CONICET | Buscador de Institutos y Recursos Humanos

Co,Ba,K/ZrO2 coating onto the wall surface of an AISI 314 (American Iron and Steel Institute) foam was obtained using a sequential process: (1) original foam calcination, (2) ZrO2 layer formation and (3) active metal incorporation. After the different processes, the samples were characterized by X-ray Diffraction (XRD), Fourier Transform Infrared Spectroscopy (FTIR), Laser Raman Spectroscopy (LRS), Energy Dispersive X-ray Analysis (EDX) and Scanning Electron Microscope (SEM) and the coating adherence was confirmed by means of an ultrasound test. Their catalytic behavior was evaluated using the soot combustion (Temperature-programmed Oxidation (TPO) and isothermal reactions). The soot particles were added via immersion in a 600-ppm soot suspension in n-hexane. The sequential process used to produce catalytic coatings proved to be efficient.

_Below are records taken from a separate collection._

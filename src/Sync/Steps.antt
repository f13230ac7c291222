-- ===== src/Sync/Steps.antt =====
-- An unlock, and the start of a replay: include/synceventlist.hh, include/xsync.hh and mutex_unlock
-- of include/xthread.hh.
use mathlib.Core.Path.{fun_ext}
use double_take.Prelude.{
  ℕ, zero, suc, ◌+◌, ◌≤◌, ◌<◌, ◌≡◌, ◌⊎◌, inl, inr, refl, sym, ap, ◌∙◌, Bool, true, false, Option,
  none, some, List, [], ◌∷◌, ◌==◌, get_elem?, get_elem?-eq-none, length, ==→eq, Bool-cases,
  Option-cases, ltb, ltb→lt, ltb→le, arith, ok,
}
use double_take.Sync.{EventPtr, World, assign, advance_sync_event, mutex_unlock, signal_event}
use double_take.Sync.Events.{has_event}
use double_take.Sync.Inv.{
  iter, Passed, At, IsCurrent, IsRecorded, SameRecording, Inv, IsRecorded-same,
}
use double_take.Sync.Order.{assign_self, some_inj, Inv-release, Inv-set_current}
use double_take.Sync.Grant.{Stands, signal_next_thread-Inv, more_ready, ready_elim}

pub SameRecording-trans :
    {a b c : World} → SameRecording a b → SameRecording b c → SameRecording a c
SameRecording-trans p q = record {
  list = λ v. q.list v ∙ p.list v;
  start = λ t. q.start t ∙ p.start t;
  cur = λ t. q.cur t ∙ p.cur t;
}

pub SameRecording-refl : (w : World) → SameRecording w w
SameRecording-refl w = record { list = λ v. refl; start = λ t. refl; cur = λ t. refl }

pub get_elem?-some-lt :
    {A : Type 0} (xs : List A) (i : ℕ) (x : A) → get_elem? xs i ≡ some x → i < length xs
get_elem?-some-lt xs i x h = elim (Bool-cases (ltb i (length xs))) [
  | inl lt ↦ ltb→lt _ _ lt
  | inr ge ↦ absurd (cc (h, get_elem?-eq-none xs i (ltb→le _ _ ge)))
]

pub get_elem?_inside :
    {A : Type 0} (xs : List A) (i : ℕ) → i < length xs → (x : A) × (get_elem? xs i ≡ some x)
get_elem?_inside [] i lt = absurd (omega arith)
get_elem?_inside (y ∷ xs) zero lt = (y, refl)
get_elem?_inside (y ∷ xs) (suc i) lt = get_elem?_inside xs i (omega arith)

assign_back :
    (ready : ℕ → Bool) (v : ℕ) → ready v ≡ true → assign (assign ready v false) v true ≡ ready
assign_back ready v h = fun_ext λ u. elim (Bool-cases (v == u)) [
  | inl same ↦ rw same (sym h ∙ ap ready (==→eq v u same))
  | inr other ↦ rw other refl
]

-- What is known of one more list adds it to the prepared ones.
Inv-extend :
    (ready : ℕ → Bool) (w : World) (v : ℕ)
    → Inv ready w
    → ((i j : ℕ) (x : EventPtr) → w.curentry v ≡ some i → j < i → At w v j x → Passed w x)
    → ((i j : ℕ) (x : EventPtr)
        → w.curentry v ≡ some i
        → i < j
        → At w v j x
        → iter w x.thread ≤ x.place)
    → ((j : ℕ) (x : EventPtr) → w.curentry v ≡ none → At w v j x → Passed w x)
    → ((j : ℕ) (x : EventPtr) → IsCurrent w v j x → Passed w x)
    → Inv (assign ready v true) w
Inv-extend ready w v inv earlier later past now = record {
  at_most_one = inv.at_most_one;
  granted = λ t h.
      let (u, j, x, c, r, et, ep, out) = inv.granted t h in
      (u, j, x, c, more_ready ready v u r, et, ep, out);
  waiting = λ t x i.
      let (u, j, c, r, et, le) = inv.waiting t x i in (u, j, c, more_ready ready v u r, et, le);
  distinct = inv.distinct;
  before = λ u i j x r.
      ready_elim (λ u. w.curentry u ≡ some i → j < i → At w u j x → Passed w x) ready v
        (earlier i j x) (λ u r. inv.before u i j x r) u r;
  after = λ u i j x r.
      ready_elim (λ u. w.curentry u ≡ some i → i < j → At w u j x → iter w x.thread ≤ x.place) ready
        v (later i j x) (λ u r. inv.after u i j x r) u r;
  over = λ u j x r.
      ready_elim (λ u. w.curentry u ≡ none → At w u j x → Passed w x) ready v (past j x)
        (λ u r. inv.over u j x r) u r;
  signalled = λ u j x r.
      ready_elim
        (λ u.
          IsCurrent w u j x
          → iter w x.thread ≤ x.place
          → (has_event (w.pending x.thread) x ≡ true)
            ⊎ ((x.place ≡ iter w x.thread) × (0 < w.sema x.thread)))
        ready v (λ c le. absurd (omega (arith, now j x c, le))) (λ u r. inv.signalled u j x r) u r;
}

-- A list that has no current entry, and whose events are all passed, is a prepared one.
Inv-finish :
    (ready : ℕ → Bool) (w : World) (v : ℕ)
    → Inv ready w
    → w.curentry v ≡ none
    → ((j : ℕ) (x : EventPtr) → At w v j x → Passed w x)
    → Inv (assign ready v true) w
Inv-finish ready w v inv at_end all =
    Inv-extend ready w v inv (λ i j x c. absurd (cc (at_end, c)))
      (λ i j x c. absurd (cc (at_end, c))) (λ j x c at. all j x at) (λ j x c. all j x c.1)

-- So is a list without events.
pub Inv-empty :
    (ready : ℕ → Bool) (w : World) (v : ℕ)
    → Inv ready w
    → w.list v ≡ []
    → Inv (assign ready v true) w
Inv-empty ready w v inv empty =
    Inv-extend ready w v inv (λ i j x c lt at. absurd (cc (nothing_there j x at)))
      (λ i j x c lt at. absurd (cc (nothing_there j x at)))
      (λ j x c at. absurd (cc (nothing_there j x at)))
      (λ j x c. absurd (cc (nothing_there j x c.1)))
  where
    nothing_there : (j : ℕ) (x : EventPtr) → At w v j x → none ≡ some x
    nothing_there j x at = rw empty at at

module _ (time : EventPtr → ℕ) (ready : ℕ → Bool) (w : World) (v k : ℕ) (e : EventPtr)
    (rec : IsRecorded time w) (inv : Inv ready w) (r : ready v ≡ true) (cur : IsCurrent w v k e)
    (passed : Passed w e) where
  moved : Option ℕ → World
  moved c = record w { curentry = assign w.curentry v c }

  moved-Inv : (c : Option ℕ) → Inv (assign ready v false) (moved c)
  unfolding moved
  moved-Inv c =
      Inv-set_current (assign ready v false) w v c (Inv-release ready w v k e inv cur passed)
        (assign_self ready v false)

  behind-Passed : (j : ℕ) (x : EventPtr) → j < k + 1 → At w v j x → Passed w x
  behind-Passed j x lt at = elim (Bool-cases (j == k)) [
    | inl same ↦
        rw (some_inj e x (sym cur.1 ∙ ap (get_elem? (w.list v)) (sym (==→eq j k same)) ∙ at)) at
          passed
    | inr other ↦ inv.before v k j x r cur.0 (ground (arith, other, lt)) at
  ]

  no_next :
      (k + 1 == length (w.list v)) ≡ false → get_elem? (w.list v) (k + 1) ≡ none → false ≡ true
  no_next more nothing =
      let inside = get_elem?-some-lt (w.list v) k e cur.1 in
      let (x, at) = get_elem?_inside (w.list v) (k + 1) (ground (arith, more, inside)) in
      absurd (cc (at, nothing))

  advance_at_tail :
      (k + 1 == length (w.list v)) ≡ true → advance_sync_event w v ≡ ok (none, moved none)
  unfolding moved advance_sync_event
  advance_at_tail tail = rw (advance_sync_event, cur.0, tail) refl

  advance_to :
      (x : EventPtr)
      → (k + 1 == length (w.list v)) ≡ false
      → At w v (k + 1) x
      → advance_sync_event w v ≡ ok (some x, moved (some (k + 1)))
  unfolding moved advance_sync_event
  advance_to x more at = rw (advance_sync_event, cur.0, more, at) refl

  -- `mutex_unlock` of a list whose current event was passed moves the list on and signals its next
  -- event; the invariant is kept.
  pub mutex_unlock-Inv :
      (w' : World) × (mutex_unlock w v ≡ ok w') × Inv ready w' × SameRecording w w'
  unfolding moved mutex_unlock signal_event
  mutex_unlock-Inv = elim (Bool-cases (k + 1 == length (w.list v))) [
    | inl tail ↦ (
      moved none,
      rw (mutex_unlock, advance_at_tail tail) refl,
      rw (assign_back ready v r) at (
          Inv-finish (assign ready v false) (moved none) v (moved-Inv none)
            (assign_self w.curentry v none)
            (λ j x at.
              behind-Passed j x (omega (arith, ==→eq _ _ tail, get_elem?-some-lt (w.list v) j x at))
                at)),
      record { list = λ u. refl; start = λ t. refl; cur = λ t. refl },
    )
    | inr more ↦ elim (Option-cases (get_elem? (w.list v) (k + 1))) [
      | inl nothing ↦ absurd (cc (no_next more nothing))
      | inr (x, at) ↦
          let stands : Stands (moved (some (k + 1))) v (k + 1) x = record {
            current = (assign_self w.curentry v (some (k + 1)), at);
            waits = inv.after v k (k + 1) x r cur.0 (omega arith) at;
            before = λ j y lt a. behind-Passed j y lt a;
            after = λ j y lt a. inv.after v k j y r cur.0 (omega (arith, lt)) a;
          } in
          let (w', eq, inv', same, iters) =
            signal_next_thread-Inv time (assign ready v false) (moved (some (k + 1))) v (k + 1) x
              (IsRecorded-same time w (moved (some (k + 1)))
                (record { list = λ u. refl; start = λ t. refl; cur = λ t. refl }) rec)
              (moved-Inv (some (k + 1))) (assign_self ready v false) stands in
          (
            w',
            rw (mutex_unlock, advance_to x more at) eq,
            rw (assign_back ready v r) at inv',
            record { list = same.list; start = same.start; cur = same.cur },
          )
    ]
  ]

After calcination at 900 ◦C, the wall surface of the original foam was covered with a uniform rich Cr oxide layer. This layer presented an interesting roughness, which favored the anchorage of the ZrO2 layer, obtained via washcoating. The latter layer was characterized by its mosaic-type morphology, an important fraction of the surface being rich in Zr (ZrO2 flakes). In this fraction, ZrO2 prevented the reaction between the active elements (Co, Ba, and K) and Cr2O3. The major components in the catalytic coating were Co3O4, BaCO3, KNO3 and ZrO2. Each one of these components and the synergy between them generated a good combination for catalysts to be used in the abatement of soot and NOx in diesel exhausts. The whole catalytic system has an interesting mechanical and thermal stability and the apparent activation energies for soot conversions lower than 0.5 (92 kJ mol−1) are comparable to the global activation energy reported for the powder Co,Ba,K/ZrO2 catalyst (82 kJ mol−1).